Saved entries
▽
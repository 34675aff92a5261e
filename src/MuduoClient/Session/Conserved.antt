-- ===== src/MuduoClient/Session/Conserved.antt =====
-- MuduoClient/Session: no byte of the greeting is lost, doubled or out of order on its way to the server
-- and back.
use mynuduo.Base.{
  Returns, Returns-mono, Returns-bind, Returns-also, IfReturns, ℕ, suc, ◌+◌, ◌≤◌, ◌≡◌, refl, sym,
  ap, ap₂, ◌∙◌, false, Option, List, [], ◌∷◌, ◌++◌, length, take, drop, append_assoc, append-nil,
  max_size, take-append-drop, ◌>>=◌,
}
use mynuduo.Buffer.{contents, WriteResult, extra_size, read_limit}
use mynuduo.Poller.{Epoll}
use mynuduo.TcpConnection.{Connection, is_connected, is_disconnected}
use mynuduo.TcpConnection.Inv.{Inv}
use mynuduo.TcpConnection.Stream.{accepted, WritesPart, Fails}
use mynuduo.TcpConnection.Keeps.{Extends, Extends-trans}
use mynuduo.TcpConnection.Drain.{Drained, handle_write-Drained}
use mynuduo.TcpConnection.Onward.{Onward, handle_write-Onward}
use mynuduo.MuduoServer.{reads, writes}
use mynuduo.MuduoServer.Relayed.{
  IsServing, Relayed, Allowed, CameUp, handle-Relayed, connect_established-CameUp,
}
use mynuduo.MuduoClient.{greeting}
use mynuduo.MuduoClient.Greets.{handle_read-Heard, Greeted, connect_established-Greeted}
use mynuduo.MuduoClient.Session.{
  Session, to_server, to_client, Turn, client_reads, client_writes, server_reads, server_writes,
  open_session, client_hears, server_gets, turn, turns,
}

-- What is left of `l` after `base`.
drop-Extends : (base l : List ℕ) → Extends base l → base ++ drop (length base) l ≡ l
drop-Extends [] l h = refl
drop-Extends (x ∷ base) [] (more, e) = absurd (cc)
drop-Extends (x ∷ base) (y ∷ l) (more, e) =
    let same : y ≡ x = cc in
    let rest : l ≡ base ++ more = cc in ap₂ ◌∷◌ (sym same) (drop-Extends base l (more, rest))

-- Some of it more.
Extends-take :
    (n : ℕ) (base l d : List ℕ)
    → Extends base l
    → take n (drop (length base) l) ≡ d
    → Extends (base ++ d) l
Extends-take n base l d h e = (
  drop n (drop (length base) l),
  sym (drop-Extends base l h)
      ∙ ap (◌++◌ base) (
          sym (take-append-drop n (drop (length base) l))
          ∙ ap (λ t. t ++ drop n (drop (length base) l)) e)
      ∙ sym (append_assoc base d (drop n (drop (length base) l))),
)

join : (xs ys zs rest : List ℕ) → xs ++ ys ≡ zs → xs ++ (ys ++ rest) ≡ zs ++ rest
join xs ys zs rest e = sym (append_assoc xs ys rest) ∙ ap (λ l. l ++ rest) e

module _ (k : Epoll) where
  -- Both connections are up and in order; the client has taken on the greeting, the server exactly what it
  -- has read; and each side has read some first part of what the other one's kernel has been given.
  pub record Joined (s : Session k) : Type 0 where
    pub client : IsServing k s.client
    pub server : IsServing k s.server
    pub said : accepted k s.client ≡ greeting
    pub relayed : accepted k s.server ≡ s.got
    pub out : Extends s.got s.client.sent
    pub back : Extends s.heard s.server.sent

  -- A connection that has sent and received nothing.
  pub record Fresh (w : Connection k) : Type 0 where
    pub inv : Inv k w
    pub new : is_disconnected w.state ≡ false
    pub empty : contents w.input ≡ []
    pub none_sent : accepted k w ≡ []

  -- The greeting is what the client has heard back, what is on its way back, what the server keeps, what
  -- is on its way there, and what the client keeps, in this order.
  abbrev pub Conserved : Session k → Type 0
  Conserved s =
      s.heard
        ++ (to_client k s
            ++ (contents s.server.output ++ (to_server k s ++ contents s.client.output)))
      ≡ greeting

  Joined-Conserved : (s : Session k) → Joined s → Conserved s
  Joined-Conserved s j =
      let kept = to_server k s ++ contents s.client.output in
      let heard = drop-Extends s.heard s.server.sent j.back in
      let got = drop-Extends s.got s.client.sent j.out in
      join s.heard (to_client k s) s.server.sent (contents s.server.output ++ kept) heard
      ∙ join s.server.sent (contents s.server.output) s.got kept j.relayed
      ∙ join s.got (to_server k s) s.client.sent (contents s.client.output) got
      ∙ j.said

  module _ (greets : List ℕ → WriteResult) (on_close : Connection k → Option (Connection k)) where
    -- The client has room for what it reads.
    abbrev pub MayHear : List ℕ → Session k → Type 0
    MayHear [] s = Unit {0}
    MayHear (x ∷ d) s =
        (length (x ∷ d) ≤ read_limit s.client.input)
        × (length s.client.input.bytes + extra_size ≤ max_size)

    -- The server may read and send back what it reads.
    abbrev pub MayGet : List ℕ → (List ℕ → WriteResult) → Session k → Type 0
    MayGet [] sys_write s = Unit {0}
    MayGet (x ∷ d) sys_write s = Allowed k (reads x d sys_write) s.server

    abbrev pub TurnAllowed : Turn k → Session k → Type 0
    TurnAllowed (client_reads n) s = MayHear (take (suc n) (to_client k s)) s
    TurnAllowed (client_writes sys_write) s = Unit {0}
    TurnAllowed (server_reads n sys_write) s = MayGet (take (suc n) (to_server k s)) sys_write s
    TurnAllowed (server_writes sys_write) s = Unit {0}

    -- Every event is allowed where the events before it have left the session.
    abbrev pub TurnsAllowed : List (Turn k) → Session k → Type 0
    TurnsAllowed [] s = Unit {0}
    TurnsAllowed (e ∷ es) s =
        TurnAllowed e s × IfReturns (TurnsAllowed es) (turn k greets on_close e s)

    client_hears-Joined :
        (d : List ℕ) (s : Session k)
        → Joined s
        → Extends (s.heard ++ d) s.server.sent
        → MayHear d s
        → Returns Joined (client_hears k greets on_close d s)
    unfolding client_hears
    client_hears-Joined [] s j e may = j
    client_hears-Joined (x ∷ d) s j e (short, grow) =
        Returns-bind Joined (Relayed k [] s.client) _ _
          (handle_read-Heard k greets on_close x d s.client j.client short grow)
          λ t h. record {
            client = h.serving;
            server = j.server;
            said = h.bytes ∙ append-nil (accepted k s.client) ∙ j.said;
            relayed = j.relayed;
            out = Extends-trans s.got s.client.sent t.sent j.out h.grows;
            back = e;
          }

    server_gets-Joined :
        (d : List ℕ) (sys_write : List ℕ → WriteResult) (s : Session k)
        → Joined s
        → Extends (s.got ++ d) s.client.sent
        → MayGet d sys_write s
        → Returns Joined (server_gets k greets on_close d sys_write s)
    unfolding server_gets
    server_gets-Joined [] sys_write s j e may = j
    server_gets-Joined (x ∷ d) sys_write s j e may =
        Returns-bind Joined (Relayed k (x ∷ (d ++ [])) s.server) _ _
          (handle-Relayed k on_close (reads x d sys_write) s.server j.server may)
          λ t h. record {
            client = j.client;
            server = h.serving;
            said = j.said;
            relayed = h.bytes ∙ ap₂ (λ l m. l ++ x ∷ m) j.relayed (append-nil d);
            out = e;
            back = Extends-trans s.heard s.server.sent t.sent j.back h.grows;
          }

    turn-Joined :
        (e : Turn k) (s : Session k)
        → Joined s
        → TurnAllowed e s
        → Returns Joined (turn k greets on_close e s)
    unfolding turn
    turn-Joined (client_reads n) s j may =
        let d = take (suc n) (to_client k s) in
        client_hears-Joined d s j (Extends-take (suc n) s.heard s.server.sent d j.back refl) may
    turn-Joined (server_reads n sys_write) s j may =
        let d = take (suc n) (to_server k s) in
        server_gets-Joined d sys_write s j (Extends-take (suc n) s.got s.client.sent d j.out refl)
          may
    turn-Joined (client_writes sys_write) s j may =
        Returns-bind Joined (λ t. Drained k s.client t × Onward k s.client t) _ _
          (Returns-also (Drained k s.client) (Onward k s.client) _
            (handle_write-Drained k sys_write s.client j.client.inv)
            (handle_write-Onward k sys_write s.client))
          λ t (h, o). record {
            client = record {
              inv = h.inv;
              up = ap is_connected h.state ∙ j.client.up;
              empty = ap contents h.input ∙ j.client.empty;
            };
            server = j.server;
            said = h.bytes ∙ j.said;
            relayed = j.relayed;
            out = Extends-trans s.got s.client.sent t.sent j.out o.sent;
            back = j.back;
          }
    turn-Joined (server_writes sys_write) s j may =
        Returns-bind Joined (Relayed k [] s.server) _ _
          (handle-Relayed k on_close (writes sys_write) s.server j.server tt)
          λ t h. record {
            client = j.client;
            server = h.serving;
            said = j.said;
            relayed = h.bytes ∙ append-nil (accepted k s.server) ∙ j.relayed;
            out = j.out;
            back = Extends-trans s.heard s.server.sent t.sent j.back h.grows;
          }

    turns-Joined :
        (es : List (Turn k)) (s : Session k)
        → Joined s
        → TurnsAllowed es s
        → Returns Joined (turns k greets on_close es s)
    unfolding turns
    turns-Joined [] s j may = j
    turns-Joined (e ∷ es) s j (now, later) =
        Returns-bind Joined (λ t. Joined t × TurnsAllowed es t) _ _
          (Returns-also Joined (TurnsAllowed es) _ (turn-Joined e s j now) later)
          λ t (h, may). turns-Joined es t h may

    -- The two connections as they come up, the server's with the buffers that it had.
    abbrev pub Started : Connection k → Session k → Type 0
    Started v s = Joined s × (s.server.input ≡ v.input) × (s.server.output ≡ v.output)

    pub open_session-Started :
        (client_self : ℕ) (w : Connection k) (server_self : ℕ) (v : Connection k)
        → Fresh w
        → Fresh v
        → WritesPart k greets
        → ¬ Fails k greets greeting
        → length greeting + w.output.writer ≤ max_size
        → Returns (Started v) (open_session k greets on_close client_self w server_self v)
    unfolding open_session
    open_session-Started client_self w server_self v fw fv part alive room =
        Returns-bind (Started v) (Greeted k w) _ _
          (connect_established-Greeted k greets on_close client_self w fw.inv fw.new fw.empty part
            alive room)
          λ c h.
            Returns-bind (Started v) (CameUp k v) _ _
              (connect_established-CameUp k greets on_close server_self v fv.inv fv.new fv.empty)
              λ s u. (
                record {
                  client = h.serving;
                  server = u.serving;
                  said = h.bytes ∙ ap (λ l. l ++ greeting) fw.none_sent;
                  relayed = u.bytes ∙ fv.none_sent;
                  out = (c.sent, refl);
                  back = (s.sent, refl);
                },
                u.input,
                u.output,
              )

    -- A client and a server, each with a connection in order that has sent and received nothing, where
    -- the kernel takes no more of the greeting than it is given and the peer has not gone: the
    -- connections come up, and after any sequence of reads and of room to write, on either side and in any
    -- order, each allowed where it comes, every handler has returned, and the greeting is what the client
    -- has heard back, what is on its way back, what the server keeps, what is on its way there and what
    -- the client keeps, in this order: no byte is lost, doubled or out of order, and the client hears the
    -- greeting once nothing is kept or on its way.
    pub turns-Conserved :
        (es : List (Turn k)) (client_self : ℕ) (w : Connection k) (server_self : ℕ)
        (v : Connection k)
        → Fresh w
        → Fresh v
        → WritesPart k greets
        → ¬ Fails k greets greeting
        → length greeting + w.output.writer ≤ max_size
        → IfReturns (TurnsAllowed es) (open_session k greets on_close client_self w server_self v)
        → Returns Conserved (do
          s ← open_session k greets on_close client_self w server_self v
          turns k greets on_close es s)
    turns-Conserved es client_self w server_self v fw fv part alive room may =
        Returns-bind Conserved (λ s. Started v s × TurnsAllowed es s) _ _
          (Returns-also (Started v) (TurnsAllowed es) _
            (open_session-Started client_self w server_self v fw fv part alive room) may)
          λ s (j, allowed).
            Returns-mono Joined Conserved _ (turns-Joined es s j.0 allowed) Joined-Conserved
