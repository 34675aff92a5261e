-- ===== src/MuduoClient/Tests.antt =====
-- The theorem about the session at a concrete input.
use mynuduo.Base.{
  ℕ, ◌≤◌, ◌≡◌, refl, ap, Option, some, List, [], ◌∷◌, length, take, arith, Returns, Returns-if,
  IfReturns, IfReturns-all, IfReturns-mono, length-take, ◌>>=◌,
}
use mynuduo.Buffer.Append.{extra-read_limit}
use mynuduo.Poller.Table.{table}
use mynuduo.TcpConnection.{Connection}
use mynuduo.EchoServer.Sample.{empty_buffer, empty-nil, up, up-Inv, takes_one, takes_part}
use mynuduo.MuduoClient.Session.{
  Session, Turn, client_writes, server_reads, server_writes, open_session, turns, to_server, turn,
}
use mynuduo.MuduoClient.Session.Conserved.{
  Fresh, Conserved, MayGet, TurnAllowed, TurnsAllowed, Started, open_session-Started,
  turns-Conserved,
}

abbrev close : Connection table → Option (Connection table)
close w = some w

up-Fresh : Fresh table up
up-Fresh = record { inv = up-Inv; new = refl; empty = empty-nil; none_sent = empty-nil }

-- The server reads up to five bytes, the client's socket has room twice, the server's one once.
abbrev later_turns : List (Turn table)
later_turns = client_writes takes_one ∷ server_writes takes_one ∷ client_writes takes_one ∷ []

abbrev some_turns : List (Turn table)
some_turns = server_reads 4 takes_one ∷ later_turns

-- A turn that is always allowed, before others that are.
free :
    (e : Turn table) (es : List (Turn table))
    → ((s : Session table) → TurnAllowed table takes_one close e s)
    → ((s : Session table) → TurnsAllowed table takes_one close es s)
    → (s : Session table) → TurnsAllowed table takes_one close (e ∷ es) s
free e es h rest s = (
  h s,
  IfReturns-all (TurnsAllowed table takes_one close es) (turn table takes_one close e s) rest,
)

later_turns-free : (s : Session table) → TurnsAllowed table takes_one close later_turns s
later_turns-free =
    free (client_writes takes_one) (server_writes takes_one ∷ client_writes takes_one ∷ [])
      (λ s. tt)
      (free (server_writes takes_one) (client_writes takes_one ∷ []) (λ s. tt)
        (free (client_writes takes_one) [] (λ s. tt) (λ s. tt)))

-- With empty buffers, five bytes may be read and sent back.
five_bytes :
    (d : List ℕ) (s : Session table)
    → length d ≤ 5
    → s.server.input ≡ empty_buffer
    → s.server.output ≡ empty_buffer
    → MayGet table takes_one close d takes_one s
five_bytes [] s h i o = tt
five_bytes (x ∷ d) s h i o = (
  omega (arith, extra-read_limit s.server.input),
  omega (arith, ap (λ b. length b.bytes) i),
  takes_part,
  (λ f. ground (arith, f.1)),
  omega (arith, ap (λ b. b.writer) o),
)

up-Started :
    Returns (Started table takes_one close up) (open_session table takes_one close 3 up 4 up)
up-Started =
    open_session-Started table takes_one close 3 up 4 up up-Fresh up-Fresh takes_part
      (λ f. ground (arith, f.1)) (omega arith)

some_turns-TurnsAllowed :
    IfReturns
      (TurnsAllowed table takes_one close some_turns)
      (open_session table takes_one close 3 up 4 up)
some_turns-TurnsAllowed =
    IfReturns-mono (Started table takes_one close up)
      (TurnsAllowed table takes_one close some_turns) _
      (Returns-if (Started table takes_one close up) _ up-Started)
      λ s (j, i, o). (
        five_bytes (take 5 (to_server table s)) s (omega (arith, length-take 5 (to_server table s)))
            i o,
        IfReturns-all (TurnsAllowed table takes_one close later_turns)
            (turn table takes_one close (server_reads 4 takes_one) s) later_turns-free,
      )

turns-Conserved_example :
    Returns (Conserved table) (do
      s ← open_session table takes_one close 3 up 4 up
      turns table takes_one close some_turns s)
turns-Conserved_example =
    turns-Conserved table takes_one close some_turns 3 up 4 up up-Fresh up-Fresh takes_part
      (λ f. ground (arith, f.1)) (omega arith) some_turns-TurnsAllowed
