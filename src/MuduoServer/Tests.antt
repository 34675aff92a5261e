-- ===== src/MuduoServer/Tests.antt =====
-- The theorem about the server at a concrete input.
use mynuduo.Base.{IfReturns, Option, IfReturns-all, Returns, refl, some, List, [], ◌∷◌, arith}
use mynuduo.Buffer.Append.{extra-read_limit}
use mynuduo.Poller.Table.{table}
use mynuduo.EchoServer.Sample.{empty_buffer, empty-nil, up, up-Inv, takes_one, takes_part}
use mynuduo.MuduoServer.{Event, reads, writes, handle, run}
use mynuduo.TcpConnection.{Connection}
use mynuduo.MuduoServer.Relayed.{AllAllowed, Relayed, run-Relayed}

-- Two bytes come, of which the kernel takes one back at once and the other one later.
abbrev two_bytes : List (Event table)
two_bytes = reads 7 (8 ∷ []) takes_one ∷ writes takes_one ∷ []

abbrev close : Connection table → Option (Connection table)
close w = some w

later :
    IfReturns
      (AllAllowed table close (writes takes_one ∷ []))
      (handle table close (reads 7 (8 ∷ []) takes_one) up)
later =
    IfReturns-all (AllAllowed table close (writes takes_one ∷ []))
      (handle table close (reads 7 (8 ∷ []) takes_one) up)
      (λ t. (
        tt,
        IfReturns-all (AllAllowed table close []) (handle table close (writes takes_one) t) λ u. tt,
      ))

run-Relayed_example : Returns (Relayed table (7 ∷ 8 ∷ []) up) (run table close two_bytes up)
run-Relayed_example =
    run-Relayed table close two_bytes up (record { inv = up-Inv; up = refl; empty = empty-nil })
      (
        (
          omega (arith, extra-read_limit empty_buffer),
          omega arith,
          takes_part,
          (λ f. ground (arith, f.1)),
          omega arith,
        ),
        later,
      )
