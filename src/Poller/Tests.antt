-- ===== src/Poller/Tests.antt =====
-- The theorems about the poller at concrete inputs.
use mynuduo.Base.{ℕ, ◌≡◌, refl, List, [], ◌∷◌, false, none, some, if◌then◌else◌, ◌==◌}
use mynuduo.Channel.{Channel, read_event, set_index, fresh, added, none_event}
use mynuduo.Poller.{Poller, change_events, remove_channel, Watch}
use mynuduo.Poller.Table.{table}
use mynuduo.Poller.Sync.{IsSynced, Changed, changed, change_events-Changed, remove_channel-Changed}
use mynuduo.Poller.Poll.{fill_active_channels, fill_active_channels_lem, with_revents, reported}

abbrev empty_poller : Poller table
empty_poller = record { epoll = λ j. none; channels = []; capacity = 1 }

-- The channel object at address 100 for descriptor 5.
abbrev channel5 : Channel
channel5 = record {
  self = 100;
  fd = 5;
  events = none_event;
  revents = none_event;
  index = fresh;
  owner = none;
  tied = false;
}

channel5-IsSynced : IsSynced table empty_poller channel5
channel5-IsSynced = record { in_kernel = refl; in_map = refl }

change_events-Changed_example :
    Changed table empty_poller 5
      (changed read_event channel5)
      (change_events table read_event channel5 empty_poller)
change_events-Changed_example = change_events-Changed table read_event channel5-IsSynced

abbrev added_poller : Poller table
added_poller = record {
  epoll = λ j. if 5 == j then some (record { mask = read_event; ptr = 100 }) else none;
  channels = (5, 100) ∷ [];
  capacity = 1;
}

abbrev reading5 : Channel
reading5 = record channel5 { events = read_event; index = added }

remove_channel-Changed_example :
    Changed table added_poller 5
      (set_index fresh reading5)
      (remove_channel table reading5 added_poller)
remove_channel-Changed_example =
    remove_channel-Changed table (record { in_kernel = refl; in_map = refl })

abbrev reports : List Watch
reports = record { mask = read_event; ptr = 100 } ∷ []

fill_active_channels_lem_example :
    ((fill_active_channels reports (λ j. channel5)).0 ≡ 100 ∷ [])
    × ((j : ℕ)
        → (fill_active_channels reports (λ j. channel5)).1 j
          ≡ with_revents (reported j reports) channel5)
fill_active_channels_lem_example = fill_active_channels_lem reports (λ j. channel5)
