-- ===== src/TcpClient.antt =====
-- TcpClient.h and TcpClient.cc: a client with its Connector and at most one connection. The loop is one
-- for both: its poller stands in the connector, and its queue is kept in two parts, the connector's
-- functors in the connector and those of connections in `conn_loop`. What the kernel answers is an
-- argument, and `none` is the end of the process.
pub mod Up
pub mod Stays
mod Tests
use mynuduo.Base.{
  ℕ, ◌+◌, Bool, true, false, ◌&&◌, Option, none, some, List, [], ◌∷◌, ◌++◌, take, if◌then◌else◌,
  ◌>>=◌,
}
use mynuduo.Base.Errno.{Errno}
use mynuduo.Connector
use mynuduo.Connector.{Connector}
use mynuduo.EventLoop.{EventLoop, queue_in_loop}
use mynuduo.Poller.{Epoll, Poller}
use mynuduo.TcpConnection
use mynuduo.TcpConnection.{Connection, UserCallbacks, destroy_task}
use mynuduo.TcpServer.{Printf}

-- The close callback of the connection: `TcpClient::removeConnection` or `detail::removeConnection`.
pub data CloseCallback : Type 0 where
  of_client detached : CloseCallback

module _ (k : Epoll) where
  -- `shared` is the connection object, `close_callback` what it calls when it closes.
  pub record Link : Type 0 where
    pub name : List ℕ
    pub shared : Connection k
    pub close_callback : CloseCallback

  -- `wanted` is `connect_`.
  pub record TcpClient : Type 0 where
    pub connector : Connector k
    pub name : List ℕ
    pub has_write_complete : Bool
    pub retry : Bool
    pub wanted : Bool
    pub next_conn_id : ℕ
    pub connection : Option Link
    pub conn_loop : EventLoop TcpConnection.Task

  pub new : Connector k → EventLoop TcpConnection.Task → List ℕ → TcpClient
  new connector conn_loop name = record {
    connector = connector;
    name = name;
    has_write_complete = false;
    retry = false;
    wanted = true;
    next_conn_id = 1;
    connection = none;
    conn_loop = conn_loop;
  }

  pub enable_retry : TcpClient → TcpClient
  enable_retry w = record w { retry = true }

  -- A connection with the loop's queue and poller as they are now.
  here : Connection k → TcpClient → Connection k
  here c w = record c { loop = w.conn_loop; poller = w.connector.poller }

  -- The loop's queue and poller as a call on the connection leaves them.
  shared_by : Connection k → TcpClient → TcpClient
  shared_by c w = record w {
    conn_loop = c.loop;
    connector = record (w.connector) { poller = c.poller };
  }

  pub connect : Bool → ℕ → ℕ → Option Errno → TcpClient → Option TcpClient
  connect in_loop self fd err w = do
    c ← Connector.start k in_loop self fd err w.connector
    some (record w { wanted = true; connector = c })

  -- `none` for the connection: there is none to shut down.
  shutdown_link : Bool → Option Link → TcpClient → TcpClient
  unfolding here shared_by
  shutdown_link in_loop none w = w
  shutdown_link in_loop (some l) w =
      let c = TcpConnection.shutdown k in_loop (here l.shared w) in
      shared_by c (record w { connection = some (record l { shared = c }) })

  pub disconnect : Bool → TcpClient → TcpClient
  unfolding shutdown_link
  disconnect in_loop w = shutdown_link in_loop w.connection (record w { wanted = false })

  pub stop : Bool → TcpClient → Option TcpClient
  stop in_loop w = do
    c ← Connector.stop k in_loop w.connector
    some (record w { wanted = false; connector = c })

  -- `snprintf(buf, 32, ":%s#%d", ...)` keeps 31 characters; 58 is the colon and 35 the hash.
  pub conn_name : Printf → List ℕ → TcpClient → List ℕ
  conn_name f peer w = w.name ++ take 31 (58 ∷ peer ++ 35 ∷ f.digits w.next_conn_id)

  -- `peer` is the text of the peer's address. A connection that the client had before is let go.
  pub new_connection : Printf → UserCallbacks k → List ℕ → ℕ → ℕ → ℕ → TcpClient → Option TcpClient
  unfolding conn_name shared_by
  new_connection f user peer obj self fd w = do
    let c = TcpConnection.new k self fd w.has_write_complete false w.conn_loop w.connector.poller
    c' ← TcpConnection.connect_established k user obj c
    let link : Link = record { name = conn_name f peer w; shared = c'; close_callback = of_client }
    some (shared_by c' (record w { next_conn_id = w.next_conn_id + 1; connection = some link }))

  -- `self`, `fd` and `err` are of the attempt that follows, if one does.
  pub remove_connection : ℕ → ℕ → Option Errno → TcpClient → Option TcpClient
  remove_connection self fd err w =
      let w1 = record w {
        connection = none;
        conn_loop = queue_in_loop true destroy_task w.conn_loop;
      } in
      if w.retry && w.wanted
      then (do c ← Connector.restart k self fd err w1.connector; some (record w1 { connector = c }))
      else some w1

  -- The connector's write callback. What it does last is to call `newConnectionCallback_`, which is
  -- `newConnection`: `handed` shows whether it does.
  after_attempt : Printf → UserCallbacks k → List ℕ → ℕ → ℕ → List ℕ → TcpClient → Option TcpClient
  unfolding new_connection
  after_attempt f user peer obj self [] w = some w
  after_attempt f user peer obj self (fd ∷ more) w = new_connection f user peer obj self fd w

  pub handle_write :
      Printf → UserCallbacks k → List ℕ → ℕ → ℕ → Bool → Bool → TcpClient → Option TcpClient
  unfolding after_attempt
  handle_write f user peer obj self err self_connect w = do
    c ← Connector.handle_write k err self_connect (record (w.connector) { handed = [] })
    after_attempt f user peer obj self c.handed (record w { connector = c })

  -- The destructor on the loop's thread; `unique` says that the client alone holds the connection.
  destruct_link : Bool → Option Link → TcpClient → Option TcpClient
  unfolding here shared_by
  destruct_link unique (some l) w =
      let l' = record l { close_callback = detached } in
      if unique
      then (let c = TcpConnection.force_close k true (here l.shared w) in
          some (shared_by c (record w { connection = some (record l' { shared = c }) })))
      else some (record w { connection = some l' })
  destruct_link unique none w = do
    c ← Connector.stop k true w.connector
    c1 ← Connector.run_after k 1000 c
    some (record w { connector = c1 })

  pub destruct : Bool → TcpClient → Option TcpClient
  unfolding destruct_link
  destruct unique w = destruct_link unique w.connection w
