-- ===== src/TcpClient/Stays.antt =====
-- TcpClient: after `disconnect` and `stop` there is no new attempt.
use mynuduo.Base.{
  Returns, if_rule, >>=-eq-some, sym, ap, ℕ, ◌≡◌, refl, Bool, true, false, ◌&&◌, Option, none, some,
  arith,
}
use mynuduo.Base.Errno.{Errno}
use mynuduo.Connector
use mynuduo.EventLoop.{queue_in_loop}
use mynuduo.Poller.{Epoll}
use mynuduo.TcpConnection.{destroy_task}
use mynuduo.TcpClient.{
  TcpClient, Link, disconnect, shutdown_link, shared_by, stop, remove_connection,
}

module _ (k : Epoll) where
  -- The client without its connection, whose destruction is queued; nothing else has changed.
  abbrev pub Alone : TcpClient k → TcpClient k → Type 0
  Alone w t =
      t ≡ record w { connection = none; conn_loop = queue_in_loop true destroy_task w.conn_loop }

  unwanted :
      (self fd : ℕ) (err : Option Errno) (w : TcpClient k)
      → w.wanted ≡ false
      → Returns (Alone w) (remove_connection k self fd err w)
  unfolding remove_connection
  unwanted self fd err w h =
      if_rule (Returns (Alone w)) (w.retry && w.wanted) (λ again. absurd (ground arith)) λ _. refl

  shutdown_link-wanted :
      (in_loop : Bool) (o : Option (Link k)) (w : TcpClient k)
      → (shutdown_link k in_loop o w).wanted ≡ w.wanted
  unfolding shutdown_link shared_by
  shutdown_link-wanted in_loop none w = refl
  shutdown_link-wanted in_loop (some l) w = refl

  stop-wanted : (in_loop : Bool) (w t : TcpClient k) → stop k in_loop w ≡ some t → t.wanted ≡ false
  unfolding stop
  stop-wanted in_loop w t e =
      let (c, returned, q) =
        >>=-eq-some (Connector.stop k in_loop w.connector)
          (λ c. some (record w { wanted = false; connector = c })) e in
      sym (ap (λ o. elim o as (λ x. Bool) [ none ↦ false | some x ↦ x.wanted ]) q)

  -- After `disconnect`, from any thread, the end of the connection is followed by no new attempt, also
  -- where retries are enabled: `removeConnection` only lets the connection go and queues its
  -- destruction, and so it does after `stop` wherever that returns.
  pub remove_connection-Alone :
      (in_loop : Bool) (self fd : ℕ) (err : Option Errno) (w : TcpClient k)
      → Returns
          (Alone (disconnect k in_loop w))
          (remove_connection k self fd err (disconnect k in_loop w))
        × ((t : TcpClient k)
            → stop k in_loop w ≡ some t
            → Returns (Alone t) (remove_connection k self fd err t))
  unfolding disconnect
  remove_connection-Alone in_loop self fd err w = (
    unwanted self fd err _
        (shutdown_link-wanted in_loop w.connection (record w { wanted = false })),
    λ t e. unwanted self fd err t (stop-wanted in_loop w t e),
  )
△
_Your goal_
Could you return exactly the stretch of the data above that starts at the line with "let d = take (suc n) (to_client" and ends at the line with "turn-Joined (client_writes sys_write)", both lines included?

_Completed task_
        let d = take (suc n) (to_client k s) in
        client_hears-Joined d s j (Extends-take (suc n) s.heard s.server.sent d j.back refl) may
    turn-Joined (server_reads n sys_write) s j may =
        let d = take (suc n) (to_server k s) in
        server_gets-Joined d sys_write s j (Extends-take (suc n) s.got s.client.sent d j.out refl)
          may
    turn-Joined (client_writes sys_write) s j may =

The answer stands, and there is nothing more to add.